What to work on ▸ From the records below, transcribe exactly the lines that begin at the line with "reported-Keeps t (call" and end at the line with "on_cont-Keeps text (some", both included.

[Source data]
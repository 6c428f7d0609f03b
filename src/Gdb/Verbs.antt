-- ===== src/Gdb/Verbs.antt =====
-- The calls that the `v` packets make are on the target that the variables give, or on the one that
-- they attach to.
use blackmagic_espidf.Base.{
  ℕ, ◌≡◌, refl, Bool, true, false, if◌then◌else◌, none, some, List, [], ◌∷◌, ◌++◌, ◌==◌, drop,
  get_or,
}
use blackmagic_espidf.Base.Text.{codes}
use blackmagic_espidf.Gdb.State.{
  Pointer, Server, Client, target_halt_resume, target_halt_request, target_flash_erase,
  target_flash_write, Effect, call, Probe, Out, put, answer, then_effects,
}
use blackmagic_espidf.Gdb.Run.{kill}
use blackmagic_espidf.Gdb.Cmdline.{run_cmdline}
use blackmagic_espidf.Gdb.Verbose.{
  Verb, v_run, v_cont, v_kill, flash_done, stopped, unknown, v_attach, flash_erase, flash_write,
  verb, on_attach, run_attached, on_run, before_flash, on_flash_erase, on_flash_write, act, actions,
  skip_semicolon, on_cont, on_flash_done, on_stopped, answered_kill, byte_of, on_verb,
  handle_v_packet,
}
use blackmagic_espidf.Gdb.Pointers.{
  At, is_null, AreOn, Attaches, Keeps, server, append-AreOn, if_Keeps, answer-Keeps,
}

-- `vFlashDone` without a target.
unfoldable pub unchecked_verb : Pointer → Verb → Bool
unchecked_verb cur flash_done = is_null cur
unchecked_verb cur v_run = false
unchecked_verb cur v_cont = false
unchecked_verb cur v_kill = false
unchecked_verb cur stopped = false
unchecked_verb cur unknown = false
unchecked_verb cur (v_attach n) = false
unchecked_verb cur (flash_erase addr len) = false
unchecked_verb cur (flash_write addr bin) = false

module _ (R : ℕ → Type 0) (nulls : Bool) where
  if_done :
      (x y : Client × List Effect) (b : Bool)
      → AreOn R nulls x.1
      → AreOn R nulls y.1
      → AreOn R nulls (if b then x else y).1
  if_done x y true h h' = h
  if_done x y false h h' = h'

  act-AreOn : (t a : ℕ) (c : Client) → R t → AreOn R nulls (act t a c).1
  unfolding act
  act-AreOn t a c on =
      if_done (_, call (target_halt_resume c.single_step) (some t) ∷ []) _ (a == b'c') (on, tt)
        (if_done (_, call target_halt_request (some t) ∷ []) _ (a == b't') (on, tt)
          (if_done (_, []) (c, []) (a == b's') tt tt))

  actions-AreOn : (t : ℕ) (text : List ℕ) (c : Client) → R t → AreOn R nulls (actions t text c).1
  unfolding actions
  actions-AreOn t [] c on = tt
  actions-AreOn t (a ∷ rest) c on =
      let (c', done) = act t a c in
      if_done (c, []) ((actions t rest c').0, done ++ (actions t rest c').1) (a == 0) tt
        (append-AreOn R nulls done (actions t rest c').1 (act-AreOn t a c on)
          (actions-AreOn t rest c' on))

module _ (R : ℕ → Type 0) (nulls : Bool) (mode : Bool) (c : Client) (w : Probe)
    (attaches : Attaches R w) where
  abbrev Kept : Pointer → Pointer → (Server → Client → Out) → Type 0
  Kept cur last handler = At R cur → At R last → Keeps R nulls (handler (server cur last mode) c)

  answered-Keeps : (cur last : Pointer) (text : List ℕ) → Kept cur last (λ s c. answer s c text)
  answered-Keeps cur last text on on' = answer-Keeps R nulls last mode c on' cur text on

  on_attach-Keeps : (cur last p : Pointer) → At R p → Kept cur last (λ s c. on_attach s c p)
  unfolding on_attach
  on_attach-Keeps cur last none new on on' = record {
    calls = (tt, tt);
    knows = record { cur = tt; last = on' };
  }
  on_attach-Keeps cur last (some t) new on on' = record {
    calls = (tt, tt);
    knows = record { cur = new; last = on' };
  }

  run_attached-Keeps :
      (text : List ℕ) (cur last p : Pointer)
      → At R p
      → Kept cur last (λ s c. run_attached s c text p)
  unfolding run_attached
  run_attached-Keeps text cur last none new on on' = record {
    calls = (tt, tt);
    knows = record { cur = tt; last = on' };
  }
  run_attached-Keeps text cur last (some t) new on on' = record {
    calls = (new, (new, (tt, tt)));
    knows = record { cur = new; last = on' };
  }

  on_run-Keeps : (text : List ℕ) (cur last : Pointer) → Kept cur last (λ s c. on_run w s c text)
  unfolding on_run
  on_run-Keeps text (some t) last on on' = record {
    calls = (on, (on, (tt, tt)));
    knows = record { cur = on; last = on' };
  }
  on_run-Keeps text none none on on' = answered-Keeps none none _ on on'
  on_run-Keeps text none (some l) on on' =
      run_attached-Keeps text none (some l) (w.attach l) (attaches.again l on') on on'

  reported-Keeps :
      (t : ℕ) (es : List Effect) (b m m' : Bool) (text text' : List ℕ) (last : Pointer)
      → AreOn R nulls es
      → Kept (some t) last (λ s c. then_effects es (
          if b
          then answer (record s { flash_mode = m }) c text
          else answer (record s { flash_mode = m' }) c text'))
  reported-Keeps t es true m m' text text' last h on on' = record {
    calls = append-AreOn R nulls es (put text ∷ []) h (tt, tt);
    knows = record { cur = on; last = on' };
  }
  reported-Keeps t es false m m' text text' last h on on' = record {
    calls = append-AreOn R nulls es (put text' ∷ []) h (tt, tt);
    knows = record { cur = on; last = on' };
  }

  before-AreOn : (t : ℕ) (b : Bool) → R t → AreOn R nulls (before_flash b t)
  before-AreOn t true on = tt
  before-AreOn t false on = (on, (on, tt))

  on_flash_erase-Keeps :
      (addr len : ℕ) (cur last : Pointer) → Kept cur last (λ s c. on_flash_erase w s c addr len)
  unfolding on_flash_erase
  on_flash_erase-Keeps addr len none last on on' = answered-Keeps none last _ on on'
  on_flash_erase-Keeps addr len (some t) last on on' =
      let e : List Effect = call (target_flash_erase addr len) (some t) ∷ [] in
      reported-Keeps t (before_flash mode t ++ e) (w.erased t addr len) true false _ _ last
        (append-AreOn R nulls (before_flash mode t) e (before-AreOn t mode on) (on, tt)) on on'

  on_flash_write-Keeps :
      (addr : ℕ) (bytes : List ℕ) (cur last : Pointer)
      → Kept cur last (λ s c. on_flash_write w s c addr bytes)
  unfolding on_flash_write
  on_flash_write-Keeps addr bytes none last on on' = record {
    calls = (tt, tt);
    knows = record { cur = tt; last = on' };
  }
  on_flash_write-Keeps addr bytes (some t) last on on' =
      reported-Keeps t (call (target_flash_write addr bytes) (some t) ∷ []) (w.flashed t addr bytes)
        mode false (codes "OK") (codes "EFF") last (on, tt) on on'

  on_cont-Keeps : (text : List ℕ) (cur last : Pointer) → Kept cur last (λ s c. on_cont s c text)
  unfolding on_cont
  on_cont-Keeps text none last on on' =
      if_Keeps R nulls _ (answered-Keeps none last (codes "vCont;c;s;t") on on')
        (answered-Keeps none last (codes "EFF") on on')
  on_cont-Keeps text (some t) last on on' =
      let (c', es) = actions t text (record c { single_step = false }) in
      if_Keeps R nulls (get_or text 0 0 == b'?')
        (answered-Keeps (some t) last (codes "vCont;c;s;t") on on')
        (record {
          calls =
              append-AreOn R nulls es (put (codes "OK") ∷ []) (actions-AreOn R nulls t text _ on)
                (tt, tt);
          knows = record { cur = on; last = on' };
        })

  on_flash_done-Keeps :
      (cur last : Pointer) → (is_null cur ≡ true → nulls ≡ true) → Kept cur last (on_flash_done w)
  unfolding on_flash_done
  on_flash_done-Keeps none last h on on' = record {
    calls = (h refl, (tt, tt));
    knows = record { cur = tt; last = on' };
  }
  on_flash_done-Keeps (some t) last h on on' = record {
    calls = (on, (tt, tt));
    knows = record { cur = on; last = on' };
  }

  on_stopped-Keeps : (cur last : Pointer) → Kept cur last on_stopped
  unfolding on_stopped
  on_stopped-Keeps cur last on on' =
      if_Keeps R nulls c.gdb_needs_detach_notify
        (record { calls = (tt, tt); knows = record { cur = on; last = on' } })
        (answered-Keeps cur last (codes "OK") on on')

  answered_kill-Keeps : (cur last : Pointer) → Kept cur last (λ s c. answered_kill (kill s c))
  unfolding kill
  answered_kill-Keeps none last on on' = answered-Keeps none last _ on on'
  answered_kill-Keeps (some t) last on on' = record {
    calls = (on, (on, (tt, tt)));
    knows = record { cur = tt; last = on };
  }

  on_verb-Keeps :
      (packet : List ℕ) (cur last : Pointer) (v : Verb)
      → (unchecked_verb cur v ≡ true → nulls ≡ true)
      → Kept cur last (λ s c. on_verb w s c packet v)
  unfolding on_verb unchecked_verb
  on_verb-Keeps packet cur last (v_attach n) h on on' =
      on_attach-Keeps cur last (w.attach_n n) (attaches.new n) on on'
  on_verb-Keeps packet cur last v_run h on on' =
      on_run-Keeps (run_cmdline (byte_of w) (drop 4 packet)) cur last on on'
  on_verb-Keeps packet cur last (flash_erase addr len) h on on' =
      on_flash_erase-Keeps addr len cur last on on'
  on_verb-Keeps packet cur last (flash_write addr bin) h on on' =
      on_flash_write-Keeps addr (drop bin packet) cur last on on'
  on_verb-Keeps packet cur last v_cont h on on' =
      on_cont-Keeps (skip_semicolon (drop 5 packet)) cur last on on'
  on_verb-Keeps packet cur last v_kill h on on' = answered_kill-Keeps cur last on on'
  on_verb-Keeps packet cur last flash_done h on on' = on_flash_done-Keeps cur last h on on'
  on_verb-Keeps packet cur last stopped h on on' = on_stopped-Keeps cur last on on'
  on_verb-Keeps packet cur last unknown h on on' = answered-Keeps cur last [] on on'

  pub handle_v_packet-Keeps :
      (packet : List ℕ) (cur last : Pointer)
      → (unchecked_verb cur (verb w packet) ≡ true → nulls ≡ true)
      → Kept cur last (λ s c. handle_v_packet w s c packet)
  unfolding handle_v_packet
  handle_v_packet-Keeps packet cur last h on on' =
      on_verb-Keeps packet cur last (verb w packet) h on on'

Final answer ▸
      reported-Keeps t (call (target_flash_write addr bytes) (some t) ∷ []) (w.flashed t addr bytes)
        mode false (codes "OK") (codes "EFF") last (on, tt) on on'

  on_cont-Keeps : (text : List ℕ) (cur last : Pointer) → Kept cur last (λ s c. on_cont s c text)
  unfolding on_cont
  on_cont-Keeps text none last on on' =
      if_Keeps R nulls _ (answered-Keeps none last (codes "vCont;c;s;t") on on')
        (answered-Keeps none last (codes "EFF") on on')
  on_cont-Keeps text (some t) last on on' =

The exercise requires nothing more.